Por Raimundo Holanda

27/09/2020 21h33 — em Bastidores da Política

O governador Wilson Lima sabe porque as cigarras pararam de cantar sobre as poucas palmeiras que cercam o Palácio da  Compensa. O 'canto' das cigarras na verdade não existe. O som que se ouve é emitido por suas asas, que não se movem quando a umidade está alta. Wilson agora percebeu que vem tempestade por ai, daquelas que abalam governos. 

O prenúncio de temporal  é ruim, porque sinaliza para o rompimento iminente da barragem artificial que montou em Brasilia para blindar seu mandato. 

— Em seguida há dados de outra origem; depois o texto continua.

-- ===== src/Engine/Emission.antt =====
-- How often detections are emitted.
use surveillance_hound.Common.{
  test_bit, ℕ, ◌+◌, ◌≤◌, ◌<◌, ◌≡◌, refl, subst, ◌∙◌, ◌⊎◌, inl, inr, none, some, List, [], ◌∷◌, ◌++◌,
  arith, Bool-cases, All, length, u64_mod,
}
use surveillance_hound.Core.{behavior, Observation, Settings, Detection, Rule}
use surveillance_hound.Behavior.{remember_ap}
use surveillance_hound.Engine.{
  kind_eq, Engine, Touched, untouched, apply_hit, probe, apply_rule, apply_rules, settle,
  settle_all, ingest,
}

next_emit-probe :
    (g : Engine) (rule : Rule) (o : Observation) → (probe g rule o).0.next_emit ≡ g.next_emit
unfolding probe
next_emit-probe g rule o = elim (Bool-cases (kind_eq rule.kind behavior)) [
  | inl e ↦ rw (e) refl
  | inr e ↦ rw (e) refl
]

next_emit-apply_hit :
    (o : Observation) (rule : Rule) (g : Engine) (touched : Touched)
    → (apply_hit o rule (g, touched)).0.next_emit ≡ g.next_emit
unfolding apply_hit
next_emit-apply_hit o rule g touched = refl

next_emit-apply_rule :
    (o : Observation) (s : Settings) (rule : Rule) (st : Engine × Touched)
    → (apply_rule o s rule st).0.next_emit ≡ st.0.next_emit
unfolding apply_rule
next_emit-apply_rule o s rule (g, touched) =
    elim (Bool-cases (test_bit s.enabled_categories rule.category)) [
      | inr e ↦ rw (e) refl
      | inl e ↦ elim (Bool-cases (probe g rule o).1) [
        | inl f ↦
            rw (e, f)
              (next_emit-apply_hit o rule (probe g rule o).0 touched ∙ next_emit-probe g rule o)
        | inr f ↦ rw (e, f) (next_emit-probe g rule o)
      ]
    ]

next_emit-apply_rules :
    (o : Observation) (s : Settings) (rules : List Rule) (st : Engine × Touched)
    → (apply_rules o s rules st).0.next_emit ≡ st.0.next_emit
unfolding apply_rules
next_emit-apply_rules o s [] st = refl
next_emit-apply_rules o s (rule ∷ rules) st =
    next_emit-apply_rules o s rules (apply_rule o s rule st) ∙ next_emit-apply_rule o s rule st

-- The two things a call can do to the emission clock: nothing, or one detection and a pause of
-- 100 ms.
pub Emits : Observation → ℕ → Engine × List Detection → Type 0
Emits o before (h, out) =
    ((out ≡ []) × (h.next_emit ≡ before))
    ⊎ ((length out ≡ 1) × (before ≤ o.ms) × (h.next_emit ≡ o.ms + 100))

settle-Emits :
    (o : Observation) (room i : ℕ) (g : Engine)
    → o.ms + 100 < u64_mod
    → Emits o g.next_emit (settle o room i (g, []))
unfolding settle Emits
settle-Emits o room i g small = ground arith

-- Within the pause nothing is emitted.
settle_quiet :
    (o : Observation) (room i : ℕ) (g : Engine) (out : List Detection)
    → o.ms < g.next_emit
    → ((settle o room i (g, out)).1 ≡ out) × ((settle o room i (g, out)).0.next_emit ≡ g.next_emit)
unfolding settle
settle_quiet o room i g out early = ground (arith, early)

settle_all_quiet :
    (o : Observation) (room : ℕ) (touched : Touched) (g : Engine) (out : List Detection)
    → o.ms < g.next_emit
    → ((settle_all o room touched (g, out)).1 ≡ out)
      × ((settle_all o room touched (g, out)).0.next_emit ≡ g.next_emit)
unfolding settle_all
settle_all_quiet o room [] g out early = (refl, refl)
settle_all_quiet o room (none ∷ touched) g out early = settle_all_quiet o room touched g out early
settle_all_quiet o room (some i ∷ touched) g out early =
    let (a, b) = settle_quiet o room i g out early in
    let (c, d) =
      settle_all_quiet o room touched (settle o room i (g, out)).0 (settle o room i (g, out)).1
        (rw (b) early) in
    (c ∙ a, d ∙ b)

Emits-quiet :
    (o : Observation) (room before : ℕ) (touched : Touched) (g : Engine) (out : List Detection)
    → o.ms < g.next_emit
    → Emits o before (g, out)
    → Emits o before (settle_all o room touched (g, out))
unfolding Emits
Emits-quiet o room before touched g out early h =
    let (a, b) = settle_all_quiet o room touched g out early in rw (a, b) h

settle_all-Emits :
    (o : Observation) (room before : ℕ) (touched : Touched) (g : Engine)
    → o.ms + 100 < u64_mod
    → g.next_emit ≡ before
    → Emits o before (settle_all o room touched (g, []))
unfolding settle_all Emits
settle_all-Emits o room before [] g small same = inl (refl, same)
settle_all-Emits o room before (none ∷ touched) g small same =
    settle_all-Emits o room before touched g small same
settle_all-Emits o room before (some i ∷ touched) g small same =
    go (λ h. settle_all-Emits o room before touched h small) (settle o room i (g, []))
      (settle-Emits o room i g small)
  where
    go :
        ((h : Engine) → h.next_emit ≡ before → Emits o before (settle_all o room touched (h, [])))
        → (st : Engine × List Detection) → Emits o g.next_emit st
        → Emits o before (settle_all o room touched st)
    go rest (h, out) (inl (e, f)) = rw (e) (rest h (f ∙ same))
    go rest (h, out) (inr (e, f, k)) =
        Emits-quiet o room before touched h out (omega arith) (inr (e, omega arith, k))

-- One observation emits at most one detection, never before the pause has passed, and starts a pause
-- of 100 ms exactly when it emits one.
pub ingest-Emits :
    (g : Engine) (o : Observation) (s : Settings) (room : ℕ)
    → o.ms + 100 < u64_mod
    → Emits o g.next_emit (ingest g o s room)
unfolding ingest
ingest-Emits g o s room small =
    let (ruled, touched) = apply_rules o s g.rules (g, untouched) in
    settle_all-Emits o room g.next_emit touched (record ruled { aps = remember_ap ruled.aps o })
      small (next_emit-apply_rules o s g.rules (g, untouched))

-- A call of `ingest`.
pub record Call : Type 0 where
  pub o : Observation
  pub settings : Settings
  pub room : ℕ

-- The time of the call, once for each detection.
unfoldable pub stamps : ℕ → List Detection → List ℕ
stamps ms [] = []
stamps ms (d ∷ ds) = ms ∷ stamps ms ds

-- When detections are emitted over a sequence of calls.
unfoldable pub emission_times : Engine → List Call → List ℕ
unfolding stamps
emission_times g [] = []
emission_times g (c ∷ calls) =
    let (h, out) = ingest g c.o c.settings c.room in stamps c.o.ms out ++ emission_times h calls

-- Every time is at least 100 ms after the one before it, and the first not before the given time.
pub IsSpaced : ℕ → List ℕ → Type 0
IsSpaced earliest [] = Unit
IsSpaced earliest (t ∷ ts) = (earliest ≤ t) × IsSpaced (t + 100) ts

one_stamp : (ms : ℕ) (out : List Detection) → length out ≡ 1 → stamps ms out ≡ ms ∷ []
unfolding stamps
one_stamp ms [] e = absurd (omega arith)
one_stamp ms (d ∷ []) e = refl
one_stamp ms (d ∷ d' ∷ ds) e = absurd (omega arith)

Emits-IsSpaced :
    (o : Observation) (before : ℕ) (h : Engine) (out : List Detection) (times : List ℕ)
    → Emits o before (h, out)
    → IsSpaced h.next_emit times
    → IsSpaced before (stamps o.ms out ++ times)
unfolding Emits stamps IsSpaced
Emits-IsSpaced o before h out times (inl (e, f)) later =
    rw (e) (subst (λ n. IsSpaced n times) f later)
Emits-IsSpaced o before h out times (inr (e, f, k)) later =
    rw (one_stamp o.ms out e) (f, subst (λ n. IsSpaced n times) k later)

-- Over any sequence of observations, whose times may run backwards but stay 100 ms below the end of the
-- 64-bit clock, detections are emitted at rising times at least 100 ms apart.
pub emission_times-IsSpaced :
    (calls : List Call) (g : Engine)
    → All (λ c. c.o.ms + 100 < u64_mod) calls
    → IsSpaced g.next_emit (emission_times g calls)
unfolding emission_times IsSpaced
emission_times-IsSpaced [] g small = tt
emission_times-IsSpaced (c ∷ calls) g small =
    let (h, out) = ingest g c.o c.settings c.room in
    Emits-IsSpaced c.o g.next_emit h out (emission_times h calls)
      (ingest-Emits g c.o c.settings c.room small.0) (emission_times-IsSpaced calls h small.1)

O problema é que essa blindagem não está conseguindo fazer a retenção do volume de informações colhidas pela CPI da Saúde, pela Polícia Federal e pelo Ministério Público Federal. 

Wilson errou ao  pessoalmente inspecionar  a barreira montada para conter resíduos, lama tóxica e todo o lixo colhido ao longo das ultimas semanas pelos órgãos  de controle e pela polícia.

Sua presença em Brasília  nos últimos 50 dias, num vai e vem constante e em companhias suspeitas, despertou curiosidade e fez acender a luz vermelha no próprio STJ.

A tempestade agora é inevitável...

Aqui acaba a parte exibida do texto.